"""

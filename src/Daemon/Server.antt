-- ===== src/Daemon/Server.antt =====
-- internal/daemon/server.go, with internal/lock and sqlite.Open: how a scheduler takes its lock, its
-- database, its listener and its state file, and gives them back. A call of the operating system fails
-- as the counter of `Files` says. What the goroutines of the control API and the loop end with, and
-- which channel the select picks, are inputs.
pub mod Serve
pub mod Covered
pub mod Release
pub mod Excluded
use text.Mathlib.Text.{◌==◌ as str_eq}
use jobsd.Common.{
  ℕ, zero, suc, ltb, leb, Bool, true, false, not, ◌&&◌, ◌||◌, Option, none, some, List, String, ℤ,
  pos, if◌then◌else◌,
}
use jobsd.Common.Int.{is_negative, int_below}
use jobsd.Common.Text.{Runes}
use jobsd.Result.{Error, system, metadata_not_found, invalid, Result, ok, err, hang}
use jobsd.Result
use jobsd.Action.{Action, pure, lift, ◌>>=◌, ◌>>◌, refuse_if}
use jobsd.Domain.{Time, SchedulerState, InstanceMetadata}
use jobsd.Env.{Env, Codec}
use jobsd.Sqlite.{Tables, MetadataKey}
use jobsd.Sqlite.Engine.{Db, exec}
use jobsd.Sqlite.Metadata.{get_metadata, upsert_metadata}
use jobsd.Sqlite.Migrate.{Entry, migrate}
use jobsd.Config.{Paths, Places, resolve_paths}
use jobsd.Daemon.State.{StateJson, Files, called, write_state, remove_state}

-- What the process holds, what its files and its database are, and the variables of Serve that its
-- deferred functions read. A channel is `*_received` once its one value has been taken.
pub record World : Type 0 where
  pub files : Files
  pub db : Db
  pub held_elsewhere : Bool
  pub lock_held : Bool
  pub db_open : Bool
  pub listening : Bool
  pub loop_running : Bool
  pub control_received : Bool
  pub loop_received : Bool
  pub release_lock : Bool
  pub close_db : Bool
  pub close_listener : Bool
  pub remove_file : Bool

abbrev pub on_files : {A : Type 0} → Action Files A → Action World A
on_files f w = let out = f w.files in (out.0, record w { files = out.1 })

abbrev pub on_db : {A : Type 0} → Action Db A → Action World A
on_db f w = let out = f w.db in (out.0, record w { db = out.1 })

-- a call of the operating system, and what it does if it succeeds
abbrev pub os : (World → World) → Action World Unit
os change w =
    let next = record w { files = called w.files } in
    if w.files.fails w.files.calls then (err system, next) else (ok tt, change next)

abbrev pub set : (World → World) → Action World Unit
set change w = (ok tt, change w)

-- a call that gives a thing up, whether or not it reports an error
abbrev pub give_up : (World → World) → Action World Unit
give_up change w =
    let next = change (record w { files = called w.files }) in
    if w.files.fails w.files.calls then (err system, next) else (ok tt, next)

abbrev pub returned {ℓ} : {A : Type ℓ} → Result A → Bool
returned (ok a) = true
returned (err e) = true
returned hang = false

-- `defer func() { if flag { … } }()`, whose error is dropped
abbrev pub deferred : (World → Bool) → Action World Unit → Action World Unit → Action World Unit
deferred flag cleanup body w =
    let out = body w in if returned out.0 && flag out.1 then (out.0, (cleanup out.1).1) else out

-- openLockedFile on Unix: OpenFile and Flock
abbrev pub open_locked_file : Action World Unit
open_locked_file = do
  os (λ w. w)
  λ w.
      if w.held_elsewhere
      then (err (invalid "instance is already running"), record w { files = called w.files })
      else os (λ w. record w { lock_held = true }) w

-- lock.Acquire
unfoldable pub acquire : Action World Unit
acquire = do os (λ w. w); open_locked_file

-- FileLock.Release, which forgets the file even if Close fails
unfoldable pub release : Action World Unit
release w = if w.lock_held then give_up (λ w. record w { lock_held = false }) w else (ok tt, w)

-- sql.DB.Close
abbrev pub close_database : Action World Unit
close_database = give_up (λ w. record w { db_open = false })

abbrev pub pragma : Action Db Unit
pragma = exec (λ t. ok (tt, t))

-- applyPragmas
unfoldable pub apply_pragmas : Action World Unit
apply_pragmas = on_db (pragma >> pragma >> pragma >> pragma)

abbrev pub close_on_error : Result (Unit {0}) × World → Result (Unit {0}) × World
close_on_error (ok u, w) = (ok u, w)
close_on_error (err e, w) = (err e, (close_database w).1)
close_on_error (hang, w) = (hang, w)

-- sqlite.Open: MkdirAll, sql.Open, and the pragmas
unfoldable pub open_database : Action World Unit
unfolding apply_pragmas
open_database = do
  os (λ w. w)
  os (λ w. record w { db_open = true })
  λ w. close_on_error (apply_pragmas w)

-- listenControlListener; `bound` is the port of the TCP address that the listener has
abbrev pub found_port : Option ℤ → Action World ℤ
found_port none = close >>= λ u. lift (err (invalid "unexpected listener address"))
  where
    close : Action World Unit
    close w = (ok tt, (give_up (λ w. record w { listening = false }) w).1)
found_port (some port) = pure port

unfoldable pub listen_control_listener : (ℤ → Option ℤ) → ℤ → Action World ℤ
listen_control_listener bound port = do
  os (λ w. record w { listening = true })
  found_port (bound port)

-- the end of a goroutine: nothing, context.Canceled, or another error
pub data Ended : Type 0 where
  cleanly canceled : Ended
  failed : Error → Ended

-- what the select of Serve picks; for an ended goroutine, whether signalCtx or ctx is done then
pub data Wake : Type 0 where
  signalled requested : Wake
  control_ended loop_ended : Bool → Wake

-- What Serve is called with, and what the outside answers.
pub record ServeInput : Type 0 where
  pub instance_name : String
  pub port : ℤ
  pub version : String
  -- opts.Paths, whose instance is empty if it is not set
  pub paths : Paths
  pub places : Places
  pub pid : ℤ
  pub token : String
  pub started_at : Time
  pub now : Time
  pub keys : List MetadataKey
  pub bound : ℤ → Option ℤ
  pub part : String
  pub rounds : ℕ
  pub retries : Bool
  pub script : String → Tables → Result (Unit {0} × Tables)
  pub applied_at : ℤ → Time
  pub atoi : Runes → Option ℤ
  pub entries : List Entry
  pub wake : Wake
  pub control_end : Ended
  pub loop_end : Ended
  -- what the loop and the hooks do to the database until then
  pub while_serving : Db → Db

"""

* EXERCISE GOAL
Within the data above, the span starting at the line containing "then (err (invalid" and ending at the line containing "abbrev pub pragma : Action Db Unit" is to be retyped exactly, with no other lines.

* ANSWER FOR THE TASK
      then (err (invalid "instance is already running"), record w { files = called w.files })
      else os (λ w. record w { lock_held = true }) w

-- lock.Acquire
unfoldable pub acquire : Action World Unit
acquire = do os (λ w. w); open_locked_file

-- FileLock.Release, which forgets the file even if Close fails
unfoldable pub release : Action World Unit
release w = if w.lock_held then give_up (λ w. record w { lock_held = false }) w else (ok tt, w)

-- sql.DB.Close
abbrev pub close_database : Action World Unit
close_database = give_up (λ w. record w { db_open = false })

abbrev pub pragma : Action Db Unit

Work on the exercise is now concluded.